How I Decided What Kind of Cancer Survivor I Was Going to Be
- Jeffrey Reynolds
- Apr 25
- 3 min read

Nobody hands you a manual for what to do with a medical diagnosis that isn’t quite a death sentence but isn’t nothing either. You figure out who you’re going to be about it mostly by trial and error — and by watching other people navigate the same terrain and deciding, quietly, what you do and don’t want to become.
I have been diagnosed with cancer twice. The first time, I told myself it was a detour. The second time, coming fourteen months after the first, I had to sit with something harder: the possibility that this was not a detour at all, but simply the road.
What I noticed, in the months that followed, was that the people around me were waiting to see what I was going to do with it. Not judging, but just watching. I realized I was watching too. Watching myself, more carefully than I ever had before, to see what I was actually made of when the challenges stopped being hypothetical.
There are a few kinds of cancer survivors. I’ve met most of them.
There are the ones who make their illness the centerpiece of their identity — who organize their entire public self around what they survived, as though the diagnosis were a credential.
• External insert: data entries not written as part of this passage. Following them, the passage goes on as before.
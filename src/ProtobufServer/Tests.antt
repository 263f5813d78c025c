-- ===== src/ProtobufServer/Tests.antt =====
-- The theorems on sessions at concrete inputs, with messages of the shape that msg.proto gives them.
use boost_learn.Base.{
  ℕ, ◌≡◌, refl, List, [], ◌∷◌, ◌++◌, false, none, arith, length, take, replicate, length-append,
  window-append,
}
use boost_learn.Memory.{memset_zero}
use boost_learn.AsyncServer.MsgNode.{MsgNode}
use boost_learn.Platform.LittleEndian.{platform}
use boost_learn.ProtobufServer.Message.{reply}
use boost_learn.ProtobufServer.Message.Fields.{fields}
use boost_learn.ProtobufServer.MsgNode.Encoding.{wire, frame}
use boost_learn.ProtobufServer.Session.{
  Session, Effect, async_read_some, async_write, handle_read, returned, spinning,
}
use boost_learn.ProtobufServer.Session.Whole.{at_head}
use boost_learn.ProtobufServer.Session.Frames.{frames}
use boost_learn.ProtobufServer.Session.Replies.{Replied, handle_read-frames}
use boost_learn.ProtobufServer.Session.Body.{at_body, IsBody}
use boost_learn.ProtobufServer.Session.Split.{body_in_two_reads}

abbrev hi : List ℕ
hi = 8 ∷ 7 ∷ 18 ∷ 2 ∷ b'h' ∷ b'i' ∷ []

abbrev yo : List ℕ
yo = 8 ∷ 9 ∷ 18 ∷ 2 ∷ b'y' ∷ b'o' ∷ []

abbrev buffer : List ℕ
buffer = frames (hi ∷ yo ∷ []) ++ replicate 2032 0

handle_read-frames_example :
    Replied fields platform 7 buffer
      (handle_read fields platform 2
        (at_head 7 (0 ∷ 0 ∷ 205 ∷ []) none buffer [] false)
        false
        (length (frames (hi ∷ yo ∷ []))))
      []
      (hi ∷ yo ∷ [])
unfolding reply frames
handle_read-frames_example =
    handle_read-frames fields platform 7 buffer (0 ∷ 0 ∷ 205 ∷ []) none [] false
      (length (frames (hi ∷ yo ∷ []))) 2 hi (yo ∷ []) refl
      (omega (arith, length-append (frames (hi ∷ yo ∷ [])) (replicate 2032 0)))
      (window-append (frames (hi ∷ yo ∷ [])) (replicate 2032 0))
      ((omega arith, omega arith), ((omega arith, omega arith), tt)) (omega arith) (omega arith)

-- A head that says six bytes, of which two have come.
abbrev begun : MsgNode
begun = record { cur_len = 2; max_len = 6; chars = 8 ∷ 7 ∷ 205 ∷ 205 ∷ 205 ∷ 205 ∷ 205 ∷ [] }

abbrev head : MsgNode
head = record { cur_len = 0; max_len = 2; chars = 0 ∷ 6 ∷ 205 ∷ [] }

abbrev rest : List ℕ
rest = 18 ∷ 2 ∷ b'h' ∷ b'i' ∷ []

begun-IsBody : IsBody begun
begun-IsBody = record { within = omega arith; fits = omega arith; room = refl }

body_in_two_reads_example :
    (full r : MsgNode) × (handle_read fields platform 1 (at_body 7 head begun rest [] false) false 4
      ≡ returned
          (at_body 7 head full (memset_zero rest 2048) ([] ++ r ∷ []) false)
          (async_write r ∷ async_read_some ∷ []))
    × (wire r ≡ frame (take 2 begun.chars ++ take 4 rest))
    × ((s : Session) × (es : List Effect) × (handle_read fields platform 9
            (at_body 7 head full rest [] false)
            false
            4
          ≡ spinning s es))
body_in_two_reads_example =
    body_in_two_reads fields platform 7 head begun rest rest [] [] false false 4 4 0 9 begun-IsBody
      refl (omega arith) (omega arith) (omega arith) (omega arith) (omega arith)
I understand it. But it never felt right to me. I didn’t want cancer to be the most interesting thing about me.
There are the ones who go silent — who process privately, share nothing, and show up to everything as though nothing happened. I respect that too. But silence, in my case, felt like a form of dishonesty. It happened. It changed things. Pretending otherwise seemed like a waste of whatever the experience was trying to teach me.
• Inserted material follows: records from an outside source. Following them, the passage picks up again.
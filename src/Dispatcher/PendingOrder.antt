-- ===== src/Dispatcher/PendingOrder.antt =====
-- The order of the pending calls, and what `discard_pending_calls` makes of it (src/disp.cc).
use flora.Base.{
  ℕ, ◌+◌, ◌≤◌, ◌<◌, ◌≡◌, refl, sym, ap, ◌∙◌, true, false, List, [], ◌∷◌, ◌++◌, Option, none, some,
  ℤ, leb, ltb, ltb→lt, ltb→le, keep, All, arith, Bool-cases, inl, inr,
}
use flora.Caps.{CapsApi}
use flora.Protocol.{cli_etimeout}
use flora.Message.Data.{Frame}
use flora.Message.ResponseSerializer.{serialize_reply}
use flora.Dispatcher.State.{State, Net, PendingCall, Written, write, write_if}
use flora.Dispatcher.Call.{
  insert_call, add_pending_call, call_timeout, discard_from, discard_pending_calls,
  pending_call_timeout,
}

abbrev pub DueFrom : ℕ → List PendingCall → Type 0
DueFrom tp = All (λ q. tp ≤ q.discard_tp)

-- Sorted by `discard_tp`.
abbrev pub IsSorted : List PendingCall → Type 0
IsSorted [] = Unit {0}
IsSorted (pc ∷ pcs) = DueFrom pc.discard_tp pcs × IsSorted pcs

DueFrom-mono : {m n : ℕ} (pcs : List PendingCall) → m ≤ n → DueFrom n pcs → DueFrom m pcs
DueFrom-mono [] h d = tt
DueFrom-mono {m} {n} (q ∷ qs) h d = (omega (arith, d.0), DueFrom-mono qs h d.1)

insert_call-DueFrom :
    (tp : ℕ) (pc : PendingCall) (pcs : List PendingCall)
    → tp ≤ pc.discard_tp
    → DueFrom tp pcs
    → DueFrom tp (insert_call pc pcs)
unfolding insert_call
insert_call-DueFrom tp pc [] h d = (h, tt)
insert_call-DueFrom tp pc (q ∷ qs) h d = ground (arith, insert_call-DueFrom tp pc qs h d.1)

pub insert_call-IsSorted :
    (pc : PendingCall) (pcs : List PendingCall) → IsSorted pcs → IsSorted (insert_call pc pcs)
unfolding insert_call
insert_call-IsSorted pc [] s = (tt, tt)
insert_call-IsSorted pc (q ∷ qs) s = elim (Bool-cases (leb pc.discard_tp q.discard_tp)) [
  | inl first ↦
      rw first (
        (ground arith, DueFrom-mono {m = pc.discard_tp} {n = q.discard_tp} qs (ground arith) s.0),
        s,
      )
  | inr later ↦
      rw later
        (insert_call-DueFrom q.discard_tp pc qs (ground arith) s.0, insert_call-IsSorted pc qs s.1)
]

keep_due :
    (tp : ℕ) (pcs : List PendingCall) → DueFrom tp pcs → keep (λ q. leb tp q.discard_tp) pcs ≡ pcs
keep_due tp [] d = refl
keep_due tp (q ∷ qs) d = ground (arith, keep_due tp qs d.1)

keep_earlier :
    (tp : ℕ) (pcs : List PendingCall) → DueFrom tp pcs → keep (λ q. ltb q.discard_tp tp) pcs ≡ []
keep_earlier tp [] d = refl
keep_earlier tp (q ∷ qs) d = ground (arith, keep_earlier tp qs d.1)

insert_call-keep :
    (pc : PendingCall) (pcs : List PendingCall)
    → IsSorted pcs
    → insert_call pc pcs
      ≡ keep (λ q. ltb q.discard_tp pc.discard_tp) pcs
        ++ pc ∷ keep (λ q. leb pc.discard_tp q.discard_tp) pcs
unfolding insert_call
insert_call-keep pc [] s = refl
insert_call-keep pc (q ∷ qs) s =
    let mono = DueFrom-mono {m = pc.discard_tp} {n = q.discard_tp} qs in
    ground (
      arith,
      insert_call-keep pc qs s.1,
      mono,
      keep_due pc.discard_tp qs,
      keep_earlier pc.discard_tp qs,
      s.0,
    )

-- A new pending call keeps sorted calls sorted: it stands behind the calls that are due earlier and
-- before those that are due at the same time or later.
pub add_pending_call-IsSorted :
    {C : Type 0} (now : ℕ) (svrid cliid : ℤ) (sender target timeout : ℕ) (st : State C)
    → IsSorted st.pending_calls
    → let due = now + call_timeout timeout in
      let pcs = (add_pending_call now svrid cliid sender target timeout st).pending_calls in
      IsSorted pcs
      × (pcs
          ≡ keep (λ q. ltb q.discard_tp due) st.pending_calls
            ++ record {
              svrid = svrid;
              cliid = cliid;
              sender = sender;
              target = target;
              discard_tp = due;
            }
              ∷ keep (λ q. leb due q.discard_tp) st.pending_calls)
unfolding add_pending_call
add_pending_call-IsSorted now svrid cliid sender target timeout st s =
    (insert_call-IsSorted _ st.pending_calls s, insert_call-keep _ st.pending_calls s)

keep_waiting :
    (tp m : ℕ) (pcs : List PendingCall)
    → tp < m
    → DueFrom m pcs
    → keep (λ q. ltb tp q.discard_tp) pcs ≡ pcs
keep_waiting tp m [] h d = refl
keep_waiting tp m (q ∷ qs) h d = ground (arith, keep_waiting tp m qs h d.1)

keep_expired :
    (tp m : ℕ) (pcs : List PendingCall)
    → tp < m
    → DueFrom m pcs
    → keep (λ q. leb q.discard_tp tp) pcs ≡ []
keep_expired tp m [] h d = refl
keep_expired tp m (q ∷ qs) h d = ground (arith, keep_expired tp m qs h d.1)

not_expired : (tp m : ℕ) → tp < m → leb m tp ≡ false
not_expired tp m h = ground arith

expired : (tp m : ℕ) → m ≤ tp → leb m tp ≡ true
expired tp m h = ground arith

module _ (api : CapsApi) (os : ℕ → Written) where
  -- The timeout reply for `pc` in a dispatcher with this buffer.
  abbrev pub timeout_frame : ℕ → Net → PendingCall → Option Frame
  timeout_frame buf_size net pc =
      serialize_reply api pc.cliid cli_etimeout none 0 buf_size (net.heap pc.sender).serialize_flags

  -- A small reply fits the buffer.
  abbrev pub FitsTimeout : ℕ → Type 0
  FitsTimeout buf_size =
      (cliid : ℤ) (flags : ℕ)
      → (f : Frame) × (serialize_reply api cliid cli_etimeout none 0 buf_size flags ≡ some f)

  -- A timeout reply to each caller, in order.
  pub write_timeouts : ℕ → List PendingCall → Net → Net
  write_timeouts buf_size [] net = net
  write_timeouts buf_size (pc ∷ pcs) net =
      write_timeouts buf_size pcs (write_if os pc.sender (timeout_frame buf_size net pc) net)

  write_timeouts_step :
      (buf_size : ℕ) (pc : PendingCall) (pcs : List PendingCall) (net : Net) (f : Frame)
      → timeout_frame buf_size net pc ≡ some f
      → write_timeouts buf_size (pc ∷ pcs) net
        ≡ write_timeouts buf_size pcs (write os pc.sender f net)
  unfolding write_timeouts
  write_timeouts_step buf_size pc pcs net f e =
      ap (λ (o : Option Frame). write_timeouts buf_size pcs (write_if os pc.sender o net)) e

  pending_call_timeout-write :
      (st : State api.Caps) (pc : PendingCall) (f : Frame)
      → timeout_frame st.buf_size st.net pc ≡ some f
      → pending_call_timeout api os st pc ≡ some (record st { net = write os pc.sender f st.net })
  unfolding pending_call_timeout
  pending_call_timeout-write st pc f e = rw e

  discard_from-keep :
      (tp : ℕ) (pcs : List PendingCall) (st : State api.Caps)
      → FitsTimeout st.buf_size
      → IsSorted pcs
      → discard_from api os tp pcs st
        ≡ some (record st {
          pending_calls = keep (λ q. ltb tp q.discard_tp) pcs;
          net = write_timeouts st.buf_size (keep (λ q. leb q.discard_tp tp) pcs) st.net;
        })
  unfolding discard_from write_timeouts
  discard_from-keep tp [] st fits s = refl
  discard_from-keep tp (pc ∷ pcs) st fits s = elim (Bool-cases (ltb tp pc.discard_tp)) [
    | inl waits ↦
        let later : tp < pc.discard_tp = ltb→lt tp pc.discard_tp waits in
        rw (
          waits,
          keep_waiting tp pc.discard_tp pcs later s.0,
          keep_expired tp pc.discard_tp pcs later s.0,
          not_expired tp pc.discard_tp later,
        )
    | inr due ↦
        let over : pc.discard_tp ≤ tp = ltb→le tp pc.discard_tp due in
        let (f, e) = fits pc.cliid (st.net.heap pc.sender).serialize_flags in
        let once = pending_call_timeout-write st pc f e in
        rw (due, expired tp pc.discard_tp over, once)
          (discard_from-keep tp pcs (record st { net = write os pc.sender f st.net }) fits s.1
            ∙ ap
                (λ (net : Net).
                  some
                    (record st { pending_calls = keep (λ q. ltb tp q.discard_tp) pcs; net = net }))
                (sym (
                  write_timeouts_step st.buf_size pc (keep (λ q. leb q.discard_tp tp) pcs) st.net f
                    e)))
  ]

  -- If the pending calls are sorted and a timeout reply fits the buffer, discarding drops exactly
  -- the calls that are due, writes a timeout reply to each of their callers in order, and keeps the
  -- others.
  pub discard_pending_calls-keep :
      (tp : ℕ) (st : State api.Caps)
      → FitsTimeout st.buf_size
      → IsSorted st.pending_calls
      → discard_pending_calls api os tp st
        ≡ some (record st {
          pending_calls = keep (λ q. ltb tp q.discard_tp) st.pending_calls;
          net =
              write_timeouts st.buf_size (keep (λ q. leb q.discard_tp tp) st.pending_calls) st.net;
        })
  unfolding discard_pending_calls
  discard_pending_calls-keep tp st fits s = discard_from-keep tp st.pending_calls st fits s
There are the ones who perform recovery and embark on the hero’s journey — who take every hard moment and package it immediately into a lesson, a caption, a story with a tidy arc. I’ve been guilty of this. It is a way of staying in control of something that is fundamentally uncontrollable, and it is also, if you are not careful, a way of not actually feeling anything.
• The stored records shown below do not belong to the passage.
-- ===== src/Dispatcher/CallReturn.antt =====
-- A call and its answer (src/disp.cc, `handle_call_req` and `handle_reply_req`).
use flora.Base.{
  ℕ, suc, ◌+◌, ◌≤◌, ◌≡◌, ◌≢◌, refl, sym, subst, ap, ◌∙◌, Bool, true, false, List, [], ◌∷◌, none,
  some, String, ℤ, pos, leb, All, arith, ==-refl, int_key, nat_key, Bool-cases, inl, inr,
  nat_beq_iff,
}
use flora.Caps.{CapsApi}
use flora.Protocol.{cli_success}
use flora.Message.Data.{Frame, CallReq, ReplyReq}
use flora.Message.ResponseSerializer.{serialize_call, serialize_reply}
use flora.Dispatcher.State.{State, PendingCall, Written, write}
use flora.Dispatcher.Call.{
  insert_call, answers, find_call, erase_call, forward_call, reply, send_return, call_timeout,
}

-- The calls that are pending have numbers that were given out.
abbrev pub Issued : ℕ → List PendingCall → Type 0
Issued reqseq = All (λ pc. (n : ℕ) × (pc.svrid ≡ pos n) × (n ≤ reqseq))

fresh-answers :
    (reqseq target : ℕ) (pc : PendingCall)
    → ((n : ℕ) × (pc.svrid ≡ pos n) × (n ≤ reqseq))
    → answers (pos (suc reqseq)) target pc ≡ false
fresh-answers reqseq target pc (n, e, le) = rw e (ground arith)

self-answers : (pc : PendingCall) → answers pc.svrid pc.target pc ≡ true
self-answers pc = rw (==-refl pc.svrid, ==-refl pc.target)

-- A new call is found under its number and its target, and taking it out again leaves the others.
find_call-insert_call :
    (reqseq : ℕ) (pc : PendingCall) (pcs : List PendingCall)
    → Issued reqseq pcs
    → pc.svrid ≡ pos (suc reqseq)
    → (find_call pc.svrid pc.target (insert_call pc pcs) ≡ some pc)
      × (erase_call pc.svrid pc.target (insert_call pc pcs) ≡ pcs)
unfolding insert_call find_call erase_call
find_call-insert_call reqseq pc [] issued new = (rw (self-answers pc), rw (self-answers pc))
find_call-insert_call reqseq pc (q ∷ qs) issued new =
    let miss : answers pc.svrid pc.target q ≡ false =
      subst (λ z. answers z pc.target q ≡ false) (sym new)
        (fresh-answers reqseq pc.target q issued.0) in
    let rest = find_call-insert_call reqseq pc qs issued.1 new in
    elim (Bool-cases (leb pc.discard_tp q.discard_tp)) [
      | inl first ↦ (rw (first, self-answers pc), rw (first, self-answers pc))
      | inr later ↦ (rw (later, miss) rest.0, rw (later, miss) (ap (◌∷◌ q) rest.1))
    ]

find_call-none :
    (n target : ℕ) (pcs : List PendingCall)
    → Issued n pcs
    → find_call (pos (suc n)) target pcs ≡ none
unfolding find_call
find_call-none n target [] issued = refl
find_call-none n target (q ∷ qs) issued =
    rw (fresh-answers n target q issued.0) (find_call-none n target qs issued.1)

find_call_other :
    (n other : ℕ) (pc : PendingCall) (pcs : List PendingCall)
    → Issued n pcs
    → pc.svrid ≡ pos (suc n)
    → other ≢ pc.target
    → find_call (pos (suc n)) other (insert_call pc pcs) ≡ none
unfolding insert_call find_call
find_call_other n other pc [] issued new differ = ground (arith, nat_beq_iff pc.target other)
find_call_other n other pc (q ∷ qs) issued new differ =
    let miss = fresh-answers n other q issued.0 in
    let here : answers (pos (suc n)) other pc ≡ false =
      ground (arith, nat_beq_iff pc.target other) in
    elim (Bool-cases (leb pc.discard_tp q.discard_tp)) [
      | inl first ↦ rw (first, here, miss) (find_call-none n other qs issued.1)
      | inr later ↦ rw (later, miss) (find_call_other n other pc qs issued.1 new differ)
    ]

module _ (api : CapsApi) (os : ℕ → Written) where
  -- The call that the dispatcher notes for the request `r`.
  abbrev pub call_of : ℕ → State api.Caps → ℕ → ℕ → CallReq api.Caps → PendingCall
  call_of now st sender target r = record {
    svrid = pos (suc st.reqseq);
    cliid = r.id;
    sender = sender;
    target = target;
    discard_tp = now + call_timeout r.timeout;
  }

  -- A call to a named client that has declared the method is sent to that client under a new number,
  -- with the caller's tag and name, and is pending from then on.
  pub forward_call-frame :
      (now : ℕ) (st : State api.Caps) (sender : ℕ) (name : String) (target : ℕ)
      (r : CallReq api.Caps) (f : Frame)
      → serialize_call api r.name r.args
          (pos (suc st.reqseq))
          (st.net.heap sender).tag
          name
          st.buf_size
          (st.net.heap target).serialize_flags
        ≡ some f
      → forward_call api os now st sender name target r ≡ (
        record st {
          reqseq = suc st.reqseq;
          pending_calls = insert_call (call_of now st sender target r) st.pending_calls;
          net = write os target f st.net;
        },
        true,
      )
  unfolding forward_call
  forward_call-frame now st sender name target r f e = rw e

  send_return-frame :
      (st : State api.Caps) (target : ℕ) (callee : String) (q : ReplyReq api.Caps)
      (pc : PendingCall) (f : Frame)
      → serialize_reply api pc.cliid cli_success
          (some (record { ret_code = q.code; data_of = q.values; extra = callee }))
          (st.net.heap target).tag
          st.buf_size
          (st.net.heap pc.sender).serialize_flags
        ≡ some f
      → send_return api os st target callee q pc ≡ (
        record st {
          pending_calls = erase_call q.id target st.pending_calls;
          net = write os pc.sender f st.net;
        },
        true,
      )
  unfolding send_return
  send_return-frame st target callee q pc f e = rw (send_return, e)

  reply-pending :
      (st : State api.Caps) (pc : PendingCall) (pcs : List PendingCall) (n : ℕ)
      (q : ReplyReq api.Caps) (callee : String) (f : Frame)
      → st.pending_calls ≡ insert_call pc pcs
      → Issued n pcs
      → pc.svrid ≡ pos (suc n)
      → q.id ≡ pc.svrid
      → (st.net.heap pc.sender).is_open ≡ true
      → serialize_reply api pc.cliid cli_success
          (some (record { ret_code = q.code; data_of = q.values; extra = callee }))
          (st.net.heap pc.target).tag
          st.buf_size
          (st.net.heap pc.sender).serialize_flags
        ≡ some f
      → reply api os st pc.target callee q
        ≡ (record st { pending_calls = pcs; net = write os pc.sender f st.net }, true)
  unfolding reply
  reply-pending st pc pcs n q callee f held issued new same opened e =
      let found = find_call-insert_call n pc pcs issued new in
      let hit : find_call q.id pc.target st.pending_calls ≡ some pc =
        (λ i. find_call (same i) pc.target (held i)) ∙ found.0 in
      let left : erase_call q.id pc.target st.pending_calls ≡ pcs =
        (λ i. erase_call (same i) pc.target (held i)) ∙ found.1 in
      rw (hit, reply, opened)
        (send_return-frame st pc.target callee q pc f e
          ∙ ap
              (λ (l : List PendingCall).
                (record st { pending_calls = l; net = write os pc.sender f st.net }, true))
              left)

  -- While the pending calls have numbers that were given out, both messages fit the buffer and the
  -- caller is still open, the called client's answer to a call that was sent on goes to the caller,
  -- under the caller's own number and with the answering client's name, and the pending calls are
  -- again those of before the call.
  pub reply-forward_call :
      (now : ℕ) (st : State api.Caps) (sender : ℕ) (name : String) (target : ℕ)
      (r : CallReq api.Caps) (q : ReplyReq api.Caps) (callee : String) (g f : Frame)
      → Issued st.reqseq st.pending_calls
      → serialize_call api r.name r.args
          (pos (suc st.reqseq))
          (st.net.heap sender).tag
          name
          st.buf_size
          (st.net.heap target).serialize_flags
        ≡ some g
      → q.id ≡ pos (suc st.reqseq)
      → ((write os target g st.net).heap sender).is_open ≡ true
      → serialize_reply api r.id cli_success
          (some (record { ret_code = q.code; data_of = q.values; extra = callee }))
          ((write os target g st.net).heap target).tag
          st.buf_size
          ((write os target g st.net).heap sender).serialize_flags
        ≡ some f
      → reply api os (forward_call api os now st sender name target r).0 target callee q ≡ (
        record st { reqseq = suc st.reqseq; net = write os sender f (write os target g st.net) },
        true,
      )
  reply-forward_call now st sender name target r q callee g f issued sent same opened e =
      let st' : State api.Caps = record st {
        reqseq = suc st.reqseq;
        pending_calls = insert_call (call_of now st sender target r) st.pending_calls;
        net = write os target g st.net;
      } in
      ap (λ (p : State api.Caps × Bool). reply api os p.0 target callee q)
        (forward_call-frame now st sender name target r g sent)
      ∙ reply-pending st' (call_of now st sender target r) st.pending_calls st.reqseq q callee f
          refl issued refl same opened e

  unanswered :
      (st : State api.Caps) (sender : ℕ) (name : String) (q : ReplyReq api.Caps)
      → find_call q.id sender st.pending_calls ≡ none
      → reply api os st sender name q ≡ (st, true)
  unfolding reply
  unanswered st sender name q e = rw (e, reply)

  -- While the pending calls have numbers up to some number, a reply under the next number, which was
  -- not given out yet, changes nothing.
  pub reply-unissued :
      (st : State api.Caps) (n sender : ℕ) (name : String) (q : ReplyReq api.Caps)
      → Issued n st.pending_calls
      → q.id ≡ pos (suc n)
      → reply api os st sender name q ≡ (st, true)
  reply-unissued st n sender name q issued same = unanswered st sender name q (
      ap (λ (z : ℤ). find_call z sender st.pending_calls) same
      ∙ find_call-none n sender st.pending_calls issued)

  -- While the pending calls have numbers that were given out, a client other than the one that was
  -- called cannot answer a call that was sent on: its reply under the call's number changes nothing.
  pub reply-other :
      (now : ℕ) (st : State api.Caps) (sender : ℕ) (name : String) (target : ℕ)
      (r : CallReq api.Caps) (g : Frame) (other : ℕ) (callee : String) (q : ReplyReq api.Caps)
      → Issued st.reqseq st.pending_calls
      → serialize_call api r.name r.args
          (pos (suc st.reqseq))
          (st.net.heap sender).tag
          name
          st.buf_size
          (st.net.heap target).serialize_flags
        ≡ some g
      → q.id ≡ pos (suc st.reqseq)
      → other ≢ target
      → let st' = (forward_call api os now st sender name target r).0 in
        reply api os st' other callee q ≡ (st', true)
  reply-other now st sender name target r g other callee q issued sent same differ =
      unanswered (forward_call api os now st sender name target r).0 other callee q (
        (λ i.
          find_call (same i) other
            (forward_call-frame now st sender name target r g sent i).0.pending_calls)
        ∙ find_call_other st.reqseq other (call_of now st sender target r) st.pending_calls issued
            refl differ)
And then there are the people who just keep going, sharing their story when it can help others, but otherwise demonstrating through words, actions and deeds that life goes on.
That is who I decided to be. Or at least who I decided to try to be.
The decision came slowly, and it came in parts. It came the morning I got back on the bike during cancer treatment — not because I felt good, but because movement was the most honest language I had for the fact that I was still here. It came when I stopped describing myself as “fighting” cancer — a metaphor I never liked, because it implies that the people who die simply didn’t fight hard enough, which is both false and cruel. It came when I started being willing to say, out loud, that I was scared — not to invite sympathy, but because the pretense of fearlessness was exhausting and unnecessary.
Mostly it came from a question I kept returning to: what do I actually want the rest of this to look like? Not the rest of treatment. The rest of everything.
The answer, when I finally sat still long enough to hear it, was simple. I wanted to keep doing the work I cared about. I wanted to keep training, keep racing, keep showing up first thing in the morning for the particular kind of clarity that only long miles provide. I wanted to be present for the people who mattered most to me — more present than I had been before, when I was busy and distracted and operating under the assumption that there was plenty of time.
Cancer is a terrible teacher. But it teaches.
What kind of cancer survivor you become depends, I think, less on what happened to you and more on what questions you are willing to ask yourself in the aftermath. The answers are already there. The illness just makes them harder to avoid.